The adventures of intersectional TV programming for early 2000s kids.

Words by Sarah Dolgin Art by Matt Latvis

Your “Ben 10” calendar tells you it’s another Sunday morning in 2008, so you head downstairs to grab a box of Apple Jacks and turn on the tube to indulge in your Cartoon Network diet.

The past week in second grade was a bit rough because you don’t like running around as much as the other kids and prefer making art creations indoors. But that’s okay, you think to yourself, as you watch your favorite show “Chowder.” The “Sniffleball” episode comes on. The nine-yearold, bright purple, rabbit-esque creature typically spends his time as an apprentice for Chef Mung Daal, but Mung Daal decides in this episode that Chowder needs to go play sports games with the other kids instead of spending all of his time in the kitchen. He’s subject to advances by Panini, a girl whom he has no interest in, and is picked on by bully Gorgonzola. You see yourself in Chowder, and see how he triumphs through the woes of elementary school.

Cartoon Network raised early 2000s kids on tales of anxious characters with real-life worries in mystical settings that challenged societal norms and made us better people because of it. In Chapman University alumnus Carl Suby’s thesis, he explores the liberal outlook embodied by the network: “The slant of this ecosystem, while remaining throughout its trajectory, evolves from emphasizing the performativity of gendered identities to presentations of gender egalitarian cultures and the difference of experience between racial and cultural groups.”

In Suby’s work, he discusses an episode of “The Marvelous Misadventures of Flapjack,” “Beard Buddies,” in which Flapjack aids his mentor K’Nuckles in a beard-growing contest that is meant to represent the toughest adventurer.

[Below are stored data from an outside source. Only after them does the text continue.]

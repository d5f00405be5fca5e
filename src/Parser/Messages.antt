-- ===== src/Parser/Messages.antt =====
-- `parseMessage` of parser.go: one UNH/UNT pair with its body.
use edifact_parser.Base.{
  ℕ, zero, suc, true, false, ◌&&◌, Option, none, some, [], ◌∷◌, ◌++◌, Bytes, codes, length, ltb,
  get_or, bytes_eq, if◌then◌else◌, ◌>>=◌,
}
use edifact_parser.Token.{is_eof_type}
use edifact_parser.Parser.State.{
  invalid_unh, empty_message_reference, empty_message_type, expected_unt, ParsedMessage, Segment,
  Parser, is_segment_tag, add_error, segment_to_map, component_or, require,
}
use edifact_parser.Parser.Segments.{read_segment}

abbrev pub loc_subscription_position : Bytes
loc_subscription_position = codes "172"

abbrev pub segment_tag_unh : Bytes
segment_tag_unh = codes "UNH"

abbrev pub segment_tag_unt : Bytes
segment_tag_unt = codes "UNT"

abbrev pub segment_tag_loc : Bytes
segment_tag_loc = codes "LOC"

abbrev pub unh_min_data_elements : ℕ
unh_min_data_elements = 2

abbrev pub empty_message : ParsedMessage
empty_message = record {
  message_type = [];
  message_version = [];
  message_release = [];
  message_reference = [];
  subscription_id = [];
  segments = [];
}

abbrev pub append_segment : Bytes → Segment → ParsedMessage → ParsedMessage
append_segment t seg msg = record msg { segments = msg.segments ++ segment_to_map t seg ∷ [] }

-- The message reference, the message identifier, and the checks on them.
unfoldable pub unh_header : Segment → Parser → ParsedMessage × Parser
unh_header seg p =
    let identifier = get_or seg.data_elements 1 [] in
    let msg = record empty_message {
      message_reference = component_or (get_or seg.data_elements 0 []) 0 [];
      message_type = component_or identifier 0 [];
      message_version = component_or identifier 1 [];
      message_release = component_or identifier 2 [];
    } in
    (
      append_segment segment_tag_unh seg msg,
      require msg.message_type seg empty_message_type
          (require msg.message_reference seg empty_message_reference p),
    )

-- `LOC+172+<identifier>`
unfoldable pub note_subscription : Segment → ParsedMessage → ParsedMessage
note_subscription seg msg =
    let position = get_or seg.data_elements 0 [] in
    let identifier = get_or seg.data_elements 1 [] in
    if bytes_eq seg.tag segment_tag_loc
      && ltb 0 (length seg.data_elements)
      && (ltb 0 (length position) && bytes_eq (get_or position 0 []) loc_subscription_position)
      && (ltb 1 (length seg.data_elements) && ltb 0 (length identifier))
    then record msg { subscription_id = get_or identifier 0 [] }
    else msg

-- The body, up to UNT or the end of the input.
unfoldable pub body_loop : ℕ → ℕ → ParsedMessage → Parser → Option (ParsedMessage × Parser)
body_loop n zero msg p = none
body_loop n (suc k) msg p = elim (is_eof_type p.current_token.kind) [
  | true ↦ some (msg, p)
  | false ↦ elim (is_segment_tag p segment_tag_unt) [
    | true ↦ some (msg, p)
    | false ↦ do
      (seg, q) ← read_segment n p
      body_loop n k (append_segment seg.tag seg (note_subscription seg msg)) q
  ]
]

unfoldable pub unt_trailer : ℕ → ParsedMessage → Parser → Option (ParsedMessage × Parser)
unt_trailer n msg p = elim (is_segment_tag p segment_tag_unt) [
  | true ↦ do (seg, q) ← read_segment n p; some (append_segment segment_tag_unt seg msg, q)
  | false ↦ some (
    msg,
    add_error p p.current_token.line p.current_token.column (expected_unt msg.message_reference),
  )
]

-- The message is `none` where Go returns an error.
unfoldable pub parse_message : ℕ → Parser → Option (Option ParsedMessage × Parser)
unfolding unh_header body_loop unt_trailer note_subscription
parse_message n p = do
  (seg, q) ← read_segment n p
  if ltb (length seg.data_elements) unh_min_data_elements
      then some (none, add_error q seg.line seg.column (invalid_unh (length seg.data_elements)))
      else (do
        let (msg, checked) = unh_header seg q
        (body, r) ← body_loop n n msg checked
        (whole, s) ← unt_trailer n body r
        some (some whole, s))
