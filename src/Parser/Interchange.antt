-- ===== src/Parser/Interchange.antt =====
-- `NewParser` and `Parse` of parser.go.
use edifact_parser.Base.{
  ℕ, zero, suc, Bool, true, false, ◌&&◌, Option, none, some, List, [], ◌∷◌, ◌++◌, Bytes, codes,
  length, leb, take, bytes_eq, drop_while, ◌==◌, if◌then◌else◌, ◌>>=◌,
}
use edifact_parser.Delimiters.{
  Delimiters, default_delimiters, una_length, UnaResult, UnaError, parse_una,
}
use edifact_parser.Token.{una}
use edifact_parser.Lexer.{new_lexer, is_whitespace}
use edifact_parser.Parser.State.{
  Stdlib, missing_unb, missing_unz, ParseError, ParsedMessage, ParseResult, Parser, advance,
  is_segment_tag, add_error, combined_error, is_empty,
}
use edifact_parser.Parser.Segments.{skip_segment}
use edifact_parser.Parser.Headers.{parse_unb, parse_unz}
use edifact_parser.Parser.Messages.{parse_message, segment_tag_unh}

abbrev pub segment_tag_una : Bytes
segment_tag_una = codes "UNA"

abbrev pub segment_tag_unb : Bytes
segment_tag_unb = codes "UNB"

abbrev pub segment_tag_unz : Bytes
segment_tag_unz = codes "UNZ"

pub data NewError : Type 0 where
  empty_data : NewError
  una_error : UnaError → NewError

unfoldable pub trim_leading_whitespace : Bytes → Bytes
trim_leading_whitespace bs = drop_while is_whitespace bs

-- The parser over the trimmed input, its first token read.
unfoldable pub start : Bytes → Bytes → Delimiters → Parser
start bs trimmed d = advance (record {
  lexer = new_lexer trimmed d;
  current_token = record { value = []; kind = una; line = 0; column = 0 };
  errors = [];
  raw_data = bs;
})

pub data NewResult : Type 0 where
  ok : Parser → NewResult
  err : NewError → NewResult

unfoldable pub with_una : Bytes → Bytes → UnaResult → NewResult
with_una bs trimmed (UnaResult.ok d) = ok (start bs trimmed d)
with_una bs trimmed (UnaResult.err e) = err (una_error e)

unfoldable pub new_parser : Bytes → NewResult
unfolding trim_leading_whitespace with_una start
new_parser bs =
    let trimmed = trim_leading_whitespace bs in
    if length bs == 0
    then err empty_data
    else if leb una_length (length trimmed) && bytes_eq (take 3 trimmed) segment_tag_una
    then with_una bs trimmed (parse_una (take una_length trimmed))
    else ok (start bs trimmed default_delimiters)

-- `subscriptionSet`
abbrev pub in_set : Bytes → List Bytes → Bool
in_set x [] = false
in_set x (y ∷ ys) = if bytes_eq y x then true else in_set x ys

-- A parsed message joins the result; its subscription only if it is new.
unfoldable pub add_message : ParsedMessage → ParseResult × List Bytes → ParseResult × List Bytes
add_message msg (result, seen) =
    let more = record result { messages = result.messages ++ msg ∷ [] } in
    if is_empty msg.subscription_id
    then (more, seen)
    else if in_set msg.subscription_id seen
    then (more, seen)
    else (
      record more { subscriptions = result.subscriptions ++ msg.subscription_id ∷ [] },
      msg.subscription_id ∷ seen,
    )

abbrev pub add_parsed : Option ParsedMessage → ParseResult × List Bytes → ParseResult × List Bytes
add_parsed none r = r
add_parsed (some msg) r = add_message msg r

-- `for p.isSegmentTag("UNH")`
unfoldable pub messages_loop :
    ℕ → ℕ → ParseResult × List Bytes → Parser → Option ((ParseResult × List Bytes) × Parser)
messages_loop n zero r p = none
messages_loop n (suc k) r p = elim (is_segment_tag p segment_tag_unh) [
  | false ↦ some (r, p)
  | true ↦ do (parsed, q) ← parse_message n p; messages_loop n k (add_parsed parsed r) q
]

pub data ParseOutcome : Type 0 where
  accepted : ParseResult → ParseOutcome
  rejected : Option (List ParseError) → ParseOutcome

abbrev pub reject_at_token : Parser → ParseOutcome
reject_at_token p = rejected (combined_error p)

abbrev pub empty_result : Bytes → ParseResult
empty_result hash = record {
  sender_id = [];
  sender_qualifier = [];
  receiver_id = [];
  receiver_qualifier = [];
  reference = [];
  prepared_at = 0;
  content_hash = hash;
  messages = [];
  subscriptions = [];
}

unfoldable pub compute_content_hash : Stdlib → Bytes → Bytes
compute_content_hash std bs = std.sha256_hex bs

module _ (std : Stdlib) (n : ℕ) where
  unfoldable pub parse_trailer : ParseResult → Parser → Option ParseOutcome
  parse_trailer result p = elim (is_segment_tag p segment_tag_unz) [
    | false ↦ some (
        rejected
          (combined_error (add_error p p.current_token.line p.current_token.column missing_unz)))
    | true ↦ do
      (e, q) ← parse_unz std n result p
      some (elim e [
        | some es ↦ rejected (some es)
        | none ↦ elim (combined_error q) [ some es ↦ rejected (some es) | none ↦ accepted result ]
      ])
  ]

  unfoldable pub parse_body : ParseResult → Parser → Option ParseOutcome
  unfolding messages_loop add_message parse_trailer
  parse_body result p = do (r, q) ← messages_loop n n (result, []) p; parse_trailer r.0 q

  unfoldable pub parse_interchange : ParseResult → Parser → Option ParseOutcome
  parse_interchange result p = elim (is_segment_tag p segment_tag_unb) [
    | false ↦ some (
        rejected
          (combined_error (add_error p p.current_token.line p.current_token.column missing_unb)))
    | true ↦ do
      ((e, header), q) ← parse_unb std n result p
      elim e [ some es ↦ some (rejected (some es)) | none ↦ parse_body header q ]
  ]

  unfoldable pub parse : Parser → Option ParseOutcome
  unfolding parse_interchange compute_content_hash
  parse p =
      let result = empty_result (compute_content_hash std p.raw_data) in
      elim (is_segment_tag p segment_tag_una) [
        | true ↦ do q ← skip_segment n p; parse_interchange result q
        | false ↦ parse_interchange result p
      ]

-- The adapter `edifactParser.Parse` of runtime/dependency_options.go; the two result types have
-- the same fields.
pub data FileOutcome : Type 0 where
  parsed : ParseResult → FileOutcome
  creation_failed : NewError → FileOutcome
  parse_failed : Option (List ParseError) → FileOutcome

abbrev pub file_outcome : ParseOutcome → FileOutcome
file_outcome (accepted result) = parsed result
file_outcome (rejected es) = parse_failed es

unfoldable pub parse_new : Stdlib → ℕ → NewResult → Option FileOutcome
parse_new std n (NewResult.err e) = some (creation_failed e)
parse_new std n (NewResult.ok p) = do o ← parse std n p; some (file_outcome o)

unfoldable pub parse_file : Stdlib → ℕ → Bytes → Option FileOutcome
unfolding parse_new
parse_file std n bs = parse_new std n (new_parser bs)
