-- ===== src/Parser/Acceptance.antt =====
-- Errors of parser.go are never taken back: what holds of the results when none was recorded.
pub mod Messages
pub mod Trailer
pub mod Loop
pub mod Header
pub mod Result
use mathlib.Core.Path.{subst}
use edifact_parser.Base.{
  ℕ, zero, suc, ◌+◌, ◌≤◌, ◌<◌, Bool, true, false, not, ◌&&◌, ◌||◌, Option, none, some, List, [],
  ◌∷◌, ◌++◌, ◌≡◌, ◌≢◌, refl, ap, sym, ◌∙◌, ◌⊎◌, inl, inr, arith, append_assoc, append-nil, Bytes,
  codes, length, bytes_eq, take_while, drop_while, ◌==◌, if◌then◌else◌, Bool-cases, Option-cases,
  if_ind, ◌>>=◌, ltb,
}
use edifact_parser.Token.{
  TokenType, error, is_eof_type, segment_end, end_of_input, una, segment_tag, data_element,
  component, is_segment_tag_type,
}
use edifact_parser.Parser.State.{
  Parser, Segment, ParseError, ErrorText, advance, add_error, require, is_empty, unexpected_token,
}
use edifact_parser.Parser.Segments.{Element, read_loop, read_round, read_segment}

-- If no error stands in the list afterwards, none stood there before, and `Q` holds of the result.
pub record Post {A : Type 0} (p : Parser) (o : Option (A × Parser)) (Q : A → Type 0) : Type 0 where
  pub at : (a : A) (q : Parser) → o ≡ some (a, q) → q.errors ≡ [] → (p.errors ≡ []) × Q a

module _ {A : Type 0} {Q : A → Type 0} where
  pub Post-some :
      {p : Parser} (a : A) (q : Parser)
      → (q.errors ≡ [] → (p.errors ≡ []) × Q a)
      → Post p (some (a, q)) Q
  Post-some a q k = record {
    at = λ b r e h.
        let same : q ≡ r = cc in
        let value : a ≡ b = cc in
        let (before, good) = k (ap (λ (x : Parser). x.errors) same ∙ h) in
        (before, subst Q value good);
  }

  pub Post-none : {p : Parser} → Post p none Q
  Post-none = record { at = λ b r e h. cc }

  pub Post-bind :
      {B : Type 0} {R : B → Type 0} {p : Parser} (m : Option (A × Parser))
      (f : A × Parser → Option (B × Parser))
      → Post p m Q
      → ((a : A) (q : Parser) → Post q (f (a, q)) (λ b. Q a → R b))
      → Post p (m >>= f) R
  Post-bind none f h k = record { at = λ b r e i. cc }
  Post-bind (some (a, q)) f h k = record {
    at = λ b r e i.
        let (before, later) = (k a q).at b r e i in
        let (first, good) = h.at a q refl before in (first, later good);
  }

module _ {A : Type 0} {Q : A → Type 0} where
  pub Post-map :
      {R : A → Type 0} {p : Parser} (o : Option (A × Parser))
      → Post p o Q
      → ((a : A) → Q a → R a)
      → Post p o R
  Post-map o h k = record {
    at = λ a q e i. let (before, good) = h.at a q e i in (before, k a good);
  }

  -- Checks between `p` and `q` that only add errors.
  pub Post-before :
      {C : Type 0} {R : A → Type 0} {p q : Parser} (o : Option (A × Parser))
      → (q.errors ≡ [] → (p.errors ≡ []) × C)
      → Post q o Q
      → ((a : A) → C → Q a → R a)
      → Post p o R
  Post-before o c h k = record {
    at = λ a r e i.
        let (before, good) = h.at a r e i in
        let (first, checked) = c before in (first, k a checked good);
  }

pub append-ne-nil : {A : Type 0} (xs : List A) (x : A) → (xs ++ x ∷ []) ≢ []
append-ne-nil [] x e = cc
append-ne-nil (y ∷ ys) x e = cc

pub add_error-ne-nil :
    (p : Parser) (line column : ℕ) (m : ErrorText) → (add_error p line column m).errors ≢ []
unfolding add_error
add_error-ne-nil p line column m = append-ne-nil p.errors _

-- A required text is there if no error was recorded.
pub require-errors :
    (value : Bytes) (seg : Segment) (m : ErrorText) (p : Parser)
    → (require value seg m p).errors ≡ []
    → (p.errors ≡ []) × (value ≢ [])
unfolding require
require-errors [] seg m p h = absurd (add_error-ne-nil p seg.line seg.column m h)
require-errors (c ∷ cs) seg m p h = (h, λ e. cc)

abbrev pub Anything : {A : Type 0} → A → Type 0
Anything _ = Unit

module _ (again : Parser → Segment → Element → Option (Segment × Parser))
    (ih : (p : Parser) (seg : Segment) (e : Element) → Post p (again p seg e) Anything) where
  Post-advance :
      (p : Parser) (seg : Segment) (e : Element) → Post p (again (advance p) seg e) Anything
  unfolding advance
  Post-advance p seg e = record { at = (ih (advance p) seg e).at }

  Post-unexpected :
      (p : Parser) (line column : ℕ) (m : ErrorText) (seg : Segment) (e : Element)
      → Post p (again (advance (add_error p line column m)) seg e) Anything
  unfolding advance
  Post-unexpected p line column m seg e = record {
    at = λ a q k h. absurd (
        add_error-ne-nil p line column m
          ((ih (advance (add_error p line column m)) seg e).at a q k h).0);
  }

  read_round-Post :
      (kind : TokenType) (p : Parser) (seg : Segment) (e : Element)
      → Post p (read_round again kind p seg e) Anything
  unfolding read_round advance
  read_round-Post end_of_input p seg e = Post-some _ p (λ h. (h, tt))
  read_round-Post segment_tag p seg e = Post-some _ p (λ h. (h, tt))
  read_round-Post segment_end p seg e = Post-some _ (advance p) (λ h. (h, tt))
  read_round-Post data_element p seg e = Post-advance p _ _
  read_round-Post component p seg e = Post-advance p _ _
  read_round-Post una p seg e = Post-unexpected p _ _ _ seg e
  read_round-Post error p seg e = Post-unexpected p _ _ _ seg e

read_loop-Post :
    (n : ℕ) (p : Parser) (seg : Segment) (e : Element) → Post p (read_loop n p seg e) Anything
unfolding read_loop
read_loop-Post zero p seg e = Post-none
read_loop-Post (suc n) p seg e =
    read_round-Post (read_loop n) (read_loop-Post n) p.current_token.kind p seg e

pub read_segment-Post : (n : ℕ) (p : Parser) → Post p (read_segment n p) Anything
unfolding read_segment
read_segment-Post n p =
    if_ind (λ (o : Option (Segment × Parser)). Post p o Anything)
      (is_segment_tag_type p.current_token.kind)
      (λ _. Post-advance (read_loop n) (read_loop-Post n) p _ none) (λ _. read_loop-Post n p _ none)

At the episode’s closing, the stereotypical, buff, malepresenting contestants are revealed as women in drag. While elementary schoolers at this time may not have known that what they were seeing was “drag,” it was introduced as normal, exciting, and whimsical.

As our brains developed, Cartoon Network illustrated them with diverse body types, fluid gender identities, and friendships that transcended the typical, setting our kid minds up to acknowledge and accept differences between ourselves and the people we would encounter in the world.